Disorders of perfusion of the heart muscle are broadly divided according to their severity into:
- Stable angina
- Acute coronary syndrome, which is further subdivided into:
1. Unstable angina
2. Myocardial infarction
Like all body tissues, the heart needs a continuous oxygen-carrying blood supply to function, and for the cells to maintain their metabolism. Cells eventually die without it.
The degree of tolerance to oxygen deficiency varies widely according to the type of tissue. At the extremes of the spectrum lie the nerve cells (neurons) and bone cells (osteocytes).
Neural tissue can’t tolerate oxygen deficiency after 5 minutes, while bone tissue can handle a few hours without irreversible tissue damage. It usually depends on the rate of metabolism of tissues.

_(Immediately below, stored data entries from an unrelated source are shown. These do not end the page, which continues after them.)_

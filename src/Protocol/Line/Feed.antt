-- ===== src/Protocol/Line/Feed.antt =====
-- What the line assembly of protocol.c has stored after each byte of a line.
use mathlib.Core.List.{append-nil, append_assoc}
use mathlib.Core.Path.{subst, ap₂}
use native.Mathlib.Numerals.{add-one}
use g_carvin.Base.{
  ℕ, zero, suc, ◌-◌, ◌≤◌, ◌<◌, ◌≡◌, refl, sym, leb→le, ◌∙◌, ap, true, false, inl, inr, List, [],
  ◌∷◌, ◌++◌, leb, ltb, length, length-append, length-set, lt→ltb, arith, take, set, Bool-cases,
}
use g_carvin.Protocol.Line.{LineState, line_buffer_size, append_char, line_char}
use g_carvin.Protocol.Line.Clean.{Mode, outside, in_parentheses, in_semicolon, clean}
use g_carvin.Protocol.Line.Step.{HasMode, store_or_overflow, line-Step, skips, keeps}

-- The bytes of a line, one after the other.
abbrev pub feed : List ℕ → LineState → LineState
feed [] s = s
feed (c ∷ cs) s = feed cs (line_char c s)

abbrev pub text : LineState → List ℕ
text s = take s.char_counter s.line

take-set :
    (n : ℕ) (xs : List ℕ) (d : ℕ) → n < length xs → take (suc n) (set xs n d) ≡ take n xs ++ d ∷ []
take-set n [] d h = absurd (omega arith)
take-set zero (x ∷ xs) d h = refl
take-set (suc n) (x ∷ xs) d h = ap (λ ys. x ∷ ys) (take-set n xs d (omega arith))

text-append_char :
    (d : ℕ) (s : LineState)
    → s.char_counter < length s.line
    → text (append_char d s) ≡ text s ++ d ∷ []
text-append_char d s h =
    ap (λ n. take n (set s.line s.char_counter d)) (add-one s.char_counter)
    ∙ take-set s.char_counter s.line d h

-- The array is whole, and what it holds so far.
record Holds (s : LineState) (p : List ℕ) : Type 0 where
  whole : length s.line ≡ line_buffer_size
  counted : s.char_counter ≡ length p
  held : text s ≡ p

-- What the line state is once a line with the cleaned text `t` was fed.
pub record Fed (t : List ℕ) (s : LineState) : Type 0 where
  pub whole : length s.line ≡ line_buffer_size
  pub bounded : s.char_counter ≤ line_buffer_size - 1
  pub flag : s.overflow ≡ ltb (line_buffer_size - 1) (length t)
  pub content : s.overflow ≡ false → text s ≡ t

skipped :
    (c : ℕ) (s : LineState)
    → s.overflow ≡ true
    → ((line_char c s).overflow ≡ true)
      × ((line_char c s).line ≡ s.line)
      × ((line_char c s).char_counter ≡ s.char_counter)
unfolding line_char
skipped c s o = ground arith

-- Behind an overflow nothing changes but the comment flag.
feed_overflow :
    (cs : List ℕ) (s : LineState)
    → s.overflow ≡ true
    → ((feed cs s).overflow ≡ true)
      × ((feed cs s).line ≡ s.line)
      × ((feed cs s).char_counter ≡ s.char_counter)
feed_overflow [] s o = (o, refl, refl)
feed_overflow (c ∷ cs) s o =
    let (o', l, n) = skipped c s o in
    let (o'', l', n') = feed_overflow cs (line_char c s) o' in (o'', l' ∙ l, n' ∙ n)

-- The next line state under an overflow, or with the character stored, keeps what is claimed.
overflow-Fed :
    (cs : List ℕ) (s : LineState) (p t : List ℕ)
    → Holds s p
    → s.char_counter ≡ line_buffer_size - 1
    → line_buffer_size - 1 < length t
    → Fed t (feed cs (record s { overflow = true }))
overflow-Fed cs s p t h full long =
    let (o, l, n) = feed_overflow cs (record s { overflow = true }) refl in
    record {
      whole = ap length l ∙ h.whole;
      bounded = omega arith;
      flag = o ∙ sym (lt→ltb (line_buffer_size - 1) (length t) long);
      content = λ e. cc;
    }

append-Holds :
    (d : ℕ) (s : LineState) (p : List ℕ)
    → Holds s p
    → s.char_counter < line_buffer_size - 1
    → Holds (append_char d s) (p ++ d ∷ [])
append-Holds d s p h room = record {
  whole = length-set s.line s.char_counter d ∙ h.whole;
  counted = omega (arith, length-append p (d ∷ []), h.counted);
  held = text-append_char d s (omega (arith, h.whole)) ∙ ap (λ q. q ++ d ∷ []) h.held;
}

store_full :
    (d : ℕ) (s : LineState)
    → leb (line_buffer_size - 1) s.char_counter ≡ true
    → store_or_overflow d s ≡ record s { overflow = true }
store_full d s full = ground arith

store_room :
    (d : ℕ) (s : LineState)
    → leb (line_buffer_size - 1) s.char_counter ≡ false
    → (store_or_overflow d s ≡ append_char d s) × (s.char_counter < line_buffer_size - 1)
store_room d s room = ground arith

HasMode-overflow : (m : Mode) (s : LineState) → HasMode m s → s.overflow ≡ false
HasMode-overflow outside s h = h.0
HasMode-overflow in_parentheses s h = h.0
HasMode-overflow in_semicolon s h = h.0

Fed-nil :
    (m : Mode) (s : LineState) (p : List ℕ)
    → HasMode m s
    → Holds s p
    → length p ≤ line_buffer_size - 1
    → Fed (p ++ clean m []) s
unfolding clean
Fed-nil m s p hm h short = rw append-nil (record {
  whole = h.whole;
  bounded = omega (arith, h.counted);
  flag = HasMode-overflow m s hm ∙ sym (le-ltb short);
  content = λ e. h.held;
})
  where
    le-ltb : length p ≤ 79 → ltb 79 (length p) ≡ false
    le-ltb k = ground arith

feed_lem :
    (cs : List ℕ) (m : Mode) (s : LineState) (p : List ℕ)
    → HasMode m s
    → Holds s p
    → length p ≤ line_buffer_size - 1
    → Fed (p ++ clean m cs) (feed cs s)
feed_lem [] m s p hm h short = Fed-nil m s p hm h short
feed_lem (c ∷ cs) m s p hm h short = elim (line-Step m c s hm) [
  | skips m' same line count hm' ↦ rw (same cs) (
      feed_lem cs m' (line_char c s) p hm'
        (record {
          whole = ap length line ∙ h.whole;
          counted = count ∙ h.counted;
          held = ap₂ take count line ∙ h.held;
        })
        short)
  | keeps d next stored out ↦ elim (Bool-cases (leb (line_buffer_size - 1) s.char_counter)) [
    | inl full ↦ rw (next cs) (
        subst (λ u. Fed (p ++ d ∷ clean outside cs) (feed cs u))
          (sym (stored ∙ store_full d s full))
          (overflow-Fed cs s p _ h
            (omega (arith, leb→le (line_buffer_size - 1) s.char_counter full, h.counted))
            (omega (
              arith,
              leb→le (line_buffer_size - 1) s.char_counter full,
              h.counted,
              length-append p (d ∷ clean outside cs),
            ))))
    | inr room ↦
        let space = store_room d s room in
        rw (next cs) (
          subst (λ u. Fed (p ++ d ∷ clean outside cs) (feed cs u)) (sym (stored ∙ space.0))
            (subst (λ q. Fed q (feed cs (append_char d s)))
              (append_assoc p (d ∷ []) (clean outside cs))
              (feed_lem cs outside (append_char d s) (p ++ d ∷ []) out
                (append-Holds d s p h space.1)
                (omega (arith, space.1, h.counted, length-append p (d ∷ []))))))
  ]
]

-- Nothing of the next line has arrived.
pub record Fresh (s : LineState) : Type 0 where
  pub whole : length s.line ≡ line_buffer_size
  pub empty : s.char_counter ≡ 0
  pub no_overflow : s.overflow ≡ false
  pub no_parentheses : s.parentheses ≡ false
  pub no_semicolon : s.semicolon ≡ false

pub feed-Fed : (cs : List ℕ) (s : LineState) → Fresh s → Fed (clean outside cs) (feed cs s)
feed-Fed cs s f =
    feed_lem cs outside s [] (f.no_overflow, f.no_parentheses, f.no_semicolon)
      (record { whole = f.whole; counted = f.empty; held = ap (λ n. take n s.line) f.empty })
      (omega arith)

-- However long a line gets, the character counter stays below the size of the line buffer, so
-- that neither a character nor the terminator is written out of it.
pub char_counter_bounded :
    (cs : List ℕ) (s : LineState)
    → Fresh s
    → ((feed cs s).char_counter < line_buffer_size) × (length (feed cs s).line ≡ line_buffer_size)
char_counter_bounded cs s f = let fed = feed-Fed cs s f in (omega (arith, fed.bounded), fed.whole)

A factory that produces large amounts of products per hour is more quickly affected by the cessation of its raw materials supplies.
Heart muscle cells are also sensitive to oxygen deficiency, and its effect takes less than 30 minutes to produce an irreversible injury and death to the muscle cells.
How does it happen?
Unstable angina is a supply-demand mismatch of the heart, which means that there are either physiological or pathological conditions that affected the heart, leading to increased oxygen demands. Such conditions range from mild fever to severe valve diseases. This can also be coupled with other health problems that cause the heart muscle’s blood supply to deteriorate. Since oxygen is carried by red blood cells -the better name is red blood corpuscles as they are not “true” cells- through their hemoglobin, which is an oxygen-carrying iron-containing protein. Such conditions include anemia, hypotension, or any other disease affecting breathing or the oxygenation of blood.

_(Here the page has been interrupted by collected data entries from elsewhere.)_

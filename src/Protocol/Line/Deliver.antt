-- ===== src/Protocol/Line/Deliver.antt =====
-- Each line of a stream is delivered as the cleaned line calls for.
use mathlib.Core.Path.{subst, ap₂}
use g_carvin.Base.{
  ℕ, zero, suc, ◌-◌, ◌≡◌, refl, sym, ◌∙◌, ap, Bool, true, false, List, [], ◌∷◌, ◌++◌, map, ltb,
  ◌==◌, if◌then◌else◌, length, length-set, arith, take, set, get_or,
}
use g_carvin.System.{State}
use g_carvin.Protocol.Line.{
  LineState, Dispatch, line_buffer_size, line_char, line_dispatch, line_end, line_loop, is_line_end,
  is_locked, status_overflow, status_ok, status_system_gc_lock, system_execute_line,
  gc_execute_line,
}
use g_carvin.Protocol.Line.Clean.{
  outside, clean, c_string, AllPositive, clean-AllPositive, c_string-set,
}
use g_carvin.Protocol.Line.Feed.{feed, Fed, Fresh, feed-Fed}

-- The characters of a line, none of which ends it.
abbrev pub NoEnd : List ℕ → Type 0
NoEnd [] = Unit {0}
NoEnd (c ∷ cs) = (is_line_end c ≡ false) × NoEnd cs

line_loop-feed :
    (states : ℕ → State) (cs : List ℕ) (nl : ℕ) (rest : List ℕ) (s : LineState)
    → NoEnd cs
    → is_line_end nl ≡ true
    → let at_end = line_end (states 0) (feed cs s) in
      let after = line_loop (λ n. states (suc n)) rest at_end.1 in
      line_loop states (cs ++ nl ∷ rest) s ≡ (at_end.0 ∷ after.0, after.1)
unfolding line_loop
line_loop-feed states [] nl rest s n e = rw e
line_loop-feed states (c ∷ cs) nl rest s (n, ns) e =
    rw n (line_loop-feed states cs nl rest (line_char c s) ns e)

-- A dispatch with the C string that the callee finds in the array.
unfoldable pub text_of : Dispatch → Dispatch
text_of (system_execute_line l) = system_execute_line (c_string l)
text_of (gc_execute_line l) = gc_execute_line (c_string l)
text_of d = d

-- Where a cleaned line goes.
pub deliver : State → List ℕ → Dispatch
deliver state t =
    if ltb (line_buffer_size - 1) (length t)
    then status_overflow
    else if get_or t 0 0 == 0
    then status_ok
    else if get_or t 0 0 == b'$'
    then system_execute_line t
    else if is_locked state
    then status_system_gc_lock
    else gc_execute_line t

get_or-set-take : (n : ℕ) (xs : List ℕ) → get_or (set xs n 0) 0 0 ≡ get_or (take n xs) 0 0
get_or-set-take zero [] = refl
get_or-set-take (suc n) [] = refl
get_or-set-take zero (x ∷ xs) = refl
get_or-set-take (suc n) (x ∷ xs) = refl

line_dispatch-deliver :
    (state : State) (overflow : Bool) (l t : List ℕ)
    → overflow ≡ ltb (line_buffer_size - 1) (length t)
    → (overflow ≡ false → get_or l 0 0 ≡ get_or t 0 0)
    → (overflow ≡ false → c_string l ≡ t)
    → text_of (line_dispatch state overflow l) ≡ deliver state t
unfolding line_dispatch text_of deliver
line_dispatch-deliver state true l t flag head same = rw (← flag)
line_dispatch-deliver state false l t flag head same =
    let e : c_string l ≡ t = same refl in
    let h : get_or l 0 0 ≡ get_or t 0 0 = head refl in rw (← flag, h) (ground arith)

line_end-deliver :
    (state : State) (t : List ℕ) (s : LineState)
    → Fed t s
    → AllPositive t
    → text_of (line_end state s).0 ≡ deliver state t
unfolding line_end
line_end-deliver state t s f pos =
    line_dispatch-deliver state s.overflow (set s.line s.char_counter 0) t f.flag
      (λ o. get_or-set-take s.char_counter s.line ∙ ap (λ u. get_or u 0 0) (f.content o))
      (λ o.
        c_string-set s.char_counter s.line (omega (arith, f.whole, f.bounded))
          (subst AllPositive (sym (f.content o)) pos)
        ∙ f.content o)

-- Lines with their terminators, and the bytes that they stand for.
unfoldable pub stream : List (List ℕ × ℕ) → List ℕ
stream [] = []
stream ((cs, nl) ∷ ls) = cs ++ nl ∷ stream ls

abbrev pub AreLines : List (List ℕ × ℕ) → Type 0
AreLines [] = Unit {0}
AreLines ((cs, nl) ∷ ls) = NoEnd cs × (is_line_end nl ≡ true) × AreLines ls

line_end-Fresh :
    (state : State) (s : LineState) → length s.line ≡ line_buffer_size → Fresh (line_end state s).1
unfolding line_end
line_end-Fresh state s h = record {
  whole = length-set s.line s.char_counter 0 ∙ h;
  empty = refl;
  no_overflow = refl;
  no_parentheses = refl;
  no_semicolon = refl;
}

-- What a list of lines calls for, with the machine state at the end of each.
pub deliver_all : (ℕ → State) → List (List ℕ × ℕ) → List Dispatch
deliver_all states [] = []
deliver_all states ((cs, nl) ∷ ls) =
    deliver (states 0) (clean outside cs) ∷ deliver_all (λ n. states (suc n)) ls

-- From a fresh line state, a stream of lines makes one dispatch for each line, in order, while no abort
-- is pending. Each is what the cleaned line calls for in the state that the machine has at its end: the
-- overflow status where it is longer than 79 characters, `ok` where it is empty, the `$` parser, the
-- lock status in the alarm and jog states, or the G-code parser, and a parser is given a
-- zero-terminated string that is exactly the cleaned line.
pub line_loop_lem :
    (states : ℕ → State) (ls : List (List ℕ × ℕ)) (s : LineState)
    → AreLines ls
    → Fresh s
    → map text_of (line_loop states (stream ls) s).0 ≡ deliver_all states ls
unfolding stream deliver_all
line_loop_lem states [] s ok f = unfold line_loop in refl
line_loop_lem states ((cs, nl) ∷ ls) s (n, e, ok) f =
    let u = feed cs s in
    let fed = feed-Fed cs s f in
    ap (λ (r : List Dispatch × LineState). map text_of r.0)
      (line_loop-feed states cs nl (stream ls) s n e)
    ∙ ap₂ ◌∷◌ (line_end-deliver (states 0) (clean outside cs) u fed (clean-AllPositive outside cs))
        (line_loop_lem (λ n. states (suc n)) ls (line_end (states 0) u).1 ok
          (line_end-Fresh (states 0) u fed.whole))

Another important mechanism is what is called plaque disruption. When fats are deposited in a gradual manner causing the narrowing of the heart’s blood vessels, they produce stable angina. It increases in severity over a long time and takes years to produce typical symptoms. Such plaques of fat are covered by a layer of the lining of the mentioned blood vessels. In some cases, this cover or “cap” is thin or “unstable” that it becomes liable to rupture, releasing the fatty plaques into the lumen of the blood vessel. This is a catastrophic event because while the cap itself has a smooth surface, it prevents the blood from clotting in the vessel’s wall when released. The cap is ruptured, the smooth surface becomes rough, and clotting occurs, rapidly disrupting the heart’s blood supply. The greatest anticoagulant of the body is the unmatched smoothness of the interior of blood vessels.
An important thing to note here, however, is that muscle cell death does not occur in unstable angina like heart attacks. That’s because the vessel is not completely obstructed but leaves a small portion that allows the cells just to live until it is obliterated.